_WHAT TO WORK ON_
If a line in the records below contains the word "Exec", copy it out.

____________________

-- ===== src/Repository.antt =====
-- src/contracts/repository/: the addresses of the contracts and the prefixes of the security module,
-- as the locator gives them at a block. A contract object is its address; the provider that it is
-- connected to is the daemon's one. Log lines are not modelled.
pub mod Init
pub mod Waiting
use lidofinance_lido_council.Shared.{
  ℕ, zero, suc, String, Option, none, some, Bool, true, false, str_eq, if◌then◌else◌,
}
use lidofinance_lido_council.Shared.Text.{join}
use lidofinance_lido_council.Outcome.{
  new_error, Outcome, ok, throw, pending, bind, Exec, pure, lift, modify, ◌>>=◌, ◌>>◌, try_catch,
  both,
}
use lidofinance_lido_council.Chains
use lidofinance_lido_council.Chains.{Chains}
use lidofinance_lido_council.Contracts.{BlockTag, Address, Contracts}

-- LIDO_ABI, DSM_ABI, DEPOSIT_ABI and STAKING_ROUTER_ABI
abbrev pub lido_abi : String
lido_abi = "contract:LidoAbi"

abbrev pub dsm_abi : String
dsm_abi = "contract:SecurityAbi"

abbrev pub deposit_abi : String
deposit_abi = "contract:DepositAbi"

abbrev pub staking_router_abi : String
staking_router_abi = "contract:StakingRouterAbi"

-- The private fields of `RepositoryService` and of its `LocatorService`.
pub record Repository : Type 0 where
  pub cached_lido_locator_contract : Option Address
  pub temp_contracts_cache : String → Option Address
  pub cached_attest_prefix : Option String
  pub cached_pause_prefix : Option String
  pub permanent_contracts_cache : String → Option Address

pub record RepositoryEnv : Type 0 where
  pub chains : Chains
  pub chain_id : Outcome ℕ
  pub contracts : Contracts

abbrev pub put : (String → Option Address) → String → Address → String → Option Address
put table key address other = if str_eq key other then some address else table other

abbrev pub Action : Type 0 → Type 0
Action = Exec Repository

abbrev pub or_not_found : String → Option Address → Outcome Address
or_not_found abi_key none = throw (new_error (join "Not found ABI for key: " abi_key))
or_not_found abi_key (some contract) = ok contract

-- `getFromCache`, and with it the getters of the Lido, security and router contracts
unfoldable pub get_from_cache : String → Action Address
get_from_cache abi_key s = (or_not_found abi_key (s.temp_contracts_cache abi_key), s)

unfoldable pub get_cached_lido_contract : Action Address
unfolding get_from_cache
get_cached_lido_contract = get_from_cache lido_abi

unfoldable pub get_cached_dsm_contract : Action Address
unfolding get_from_cache
get_cached_dsm_contract = get_from_cache dsm_abi

unfoldable pub get_cached_staking_router_contract : Action Address
unfolding get_from_cache
get_cached_staking_router_contract = get_from_cache staking_router_abi

-- `undefined` when the contract was never initialised
unfoldable pub get_cached_deposit_contract : Repository → Option Address
get_cached_deposit_contract s = s.permanent_contracts_cache deposit_abi

unfoldable pub set_contract_cache : Address → String → Action (Unit {0})
set_contract_cache address key =
    modify (λ s. record s { temp_contracts_cache = put s.temp_contracts_cache key address })

unfoldable pub set_permanent_contract_cache : Address → String → Action (Unit {0})
set_permanent_contract_cache address key =
    modify
      (λ s. record s { permanent_contracts_cache = put s.permanent_contracts_cache key address })

-- A cached text is used unless it is missing or empty.
abbrev pub truthy : Option String → Bool
truthy none = false
truthy (some text) = if str_eq text "" then false else true

abbrev pub text_of : Option String → String
text_of none = ""
text_of (some text) = text

module _ (env : RepositoryEnv) where
  -- locator.service.ts
  unfoldable pub get_locator_address : Outcome Address
  get_locator_address = bind env.chain_id (Chains.get_lido_locator_address env.chains)

  abbrev connect_locator : Address → Action Address
  connect_locator address s = (ok address, record s { cached_lido_locator_contract = some address })

  abbrev or_connect : Option Address → Action Address
  or_connect (some contract) = pure contract
  or_connect none = lift get_locator_address >>= connect_locator

  unfoldable pub get_lido_locator_abi_contract : Action Address
  unfolding get_locator_address
  get_lido_locator_abi_contract s = or_connect s.cached_lido_locator_contract s

  unfoldable pub get_lido_address : BlockTag → Action Address
  unfolding get_lido_locator_abi_contract
  get_lido_address tag = do
    locator ← get_lido_locator_abi_contract
    lift (env.contracts.lido locator tag)

  unfoldable pub get_dsm_address : BlockTag → Action Address
  unfolding get_lido_locator_abi_contract
  get_dsm_address tag = do
    locator ← get_lido_locator_abi_contract
    lift (env.contracts.deposit_security_module locator tag)

  unfoldable pub get_staking_router_address : BlockTag → Action Address
  unfolding get_lido_locator_abi_contract
  get_staking_router_address tag = do
    locator ← get_lido_locator_abi_contract
    lift (env.contracts.staking_router locator tag)

  -- repository.service.ts
  abbrev remember_attest : String → Action String
  remember_attest prefix s = (ok prefix, record s { cached_attest_prefix = some prefix })

  unfoldable pub get_attest_message_prefix : Action String
  unfolding get_cached_dsm_contract
  get_attest_message_prefix s =
      (if truthy s.cached_attest_prefix then pure (text_of s.cached_attest_prefix) else do
        contract ← get_cached_dsm_contract
        prefix ← lift (env.contracts.attest_message_prefix contract)
        remember_attest prefix)
        s

  abbrev remember_pause : String → Action String
  remember_pause prefix s = (ok prefix, record s { cached_pause_prefix = some prefix })

  unfoldable pub get_pause_message_prefix : Action String
  unfolding get_cached_dsm_contract
  get_pause_message_prefix s =
      (if truthy s.cached_pause_prefix then pure (text_of s.cached_pause_prefix) else do
        contract ← get_cached_dsm_contract
        prefix ← lift (env.contracts.pause_message_prefix contract)
        remember_pause prefix)
        s

  unfoldable pub get_deposit_address : BlockTag → Action Address
  unfolding get_cached_dsm_contract
  get_deposit_address tag = do
    contract ← get_cached_dsm_contract
    lift (env.contracts.deposit_contract contract tag)

  unfoldable pub init_cached_lido_contract : BlockTag → Action (Unit {0})
  unfolding get_lido_address set_contract_cache
  init_cached_lido_contract tag = do
    address ← get_lido_address tag
    set_contract_cache address lido_abi

  abbrev prune_prefixes : Action (Unit {0})
  prune_prefixes =
      modify (λ s. record s { cached_attest_prefix = none; cached_pause_prefix = none })

  unfoldable pub init_cached_dsm_contract : BlockTag → Action (Unit {0})
  unfolding get_dsm_address set_contract_cache get_attest_message_prefix get_pause_message_prefix
  init_cached_dsm_contract tag = do
    address ← get_dsm_address tag
    set_contract_cache address dsm_abi
    prune_prefixes
    both get_attest_message_prefix get_pause_message_prefix
    pure tt

  abbrev unless_initialised : Option Address → Action (Unit {0}) → Action (Unit {0})
  unless_initialised (some contract) m = pure tt
  unless_initialised none m = m

  unfoldable pub init_cached_deposit_contract : BlockTag → Action (Unit {0})
  unfolding get_deposit_address set_permanent_contract_cache
  init_cached_deposit_contract tag s =
      unless_initialised (s.permanent_contracts_cache deposit_abi)
        (do address ← get_deposit_address tag; set_permanent_contract_cache address deposit_abi) s

  unfoldable pub init_cached_staking_router_abi_contract : BlockTag → Action (Unit {0})
  unfolding get_staking_router_address set_contract_cache
  init_cached_staking_router_abi_contract tag = do
    address ← get_staking_router_address tag
    set_contract_cache address staking_router_abi

  -- The order matters: the deposit contract depends on the security module.
  unfoldable pub init_cached_contracts : BlockTag → Action (Unit {0})
  unfolding init_cached_lido_contract init_cached_dsm_contract init_cached_deposit_contract
      init_cached_staking_router_abi_contract
  init_cached_contracts tag = do
    init_cached_lido_contract tag
    init_cached_dsm_contract tag
    init_cached_deposit_contract tag
    init_cached_staking_router_abi_contract tag

pub record Block : Type 0 where
  pub hash : String
  pub number : ℕ

-- `initOrWaitCachedContracts` retries until the contracts answer. Attempt `n` meets the answers
-- `envs n` and the latest block `blocks n`; the fuel is the number of attempts. A failure of
-- `getBlock` is outside the try block.
pub init_or_wait_cached_contracts : ℕ → (ℕ → RepositoryEnv) → (ℕ → Outcome Block) → ℕ → Action Block
unfolding init_cached_contracts
init_or_wait_cached_contracts zero envs blocks n = lift pending
init_or_wait_cached_contracts (suc fuel) envs blocks n = do
  block ← lift (blocks n)
  try_catch (do init_cached_contracts (envs n) block.hash; pure block)
      (λ error. init_or_wait_cached_contracts fuel envs blocks (suc n))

____________________

_ANSWER TO THIS PROBLEM_
  new_error, Outcome, ok, throw, pending, bind, Exec, pure, lift, modify, ◌>>=◌, ◌>>◌, try_catch,
Action = Exec Repository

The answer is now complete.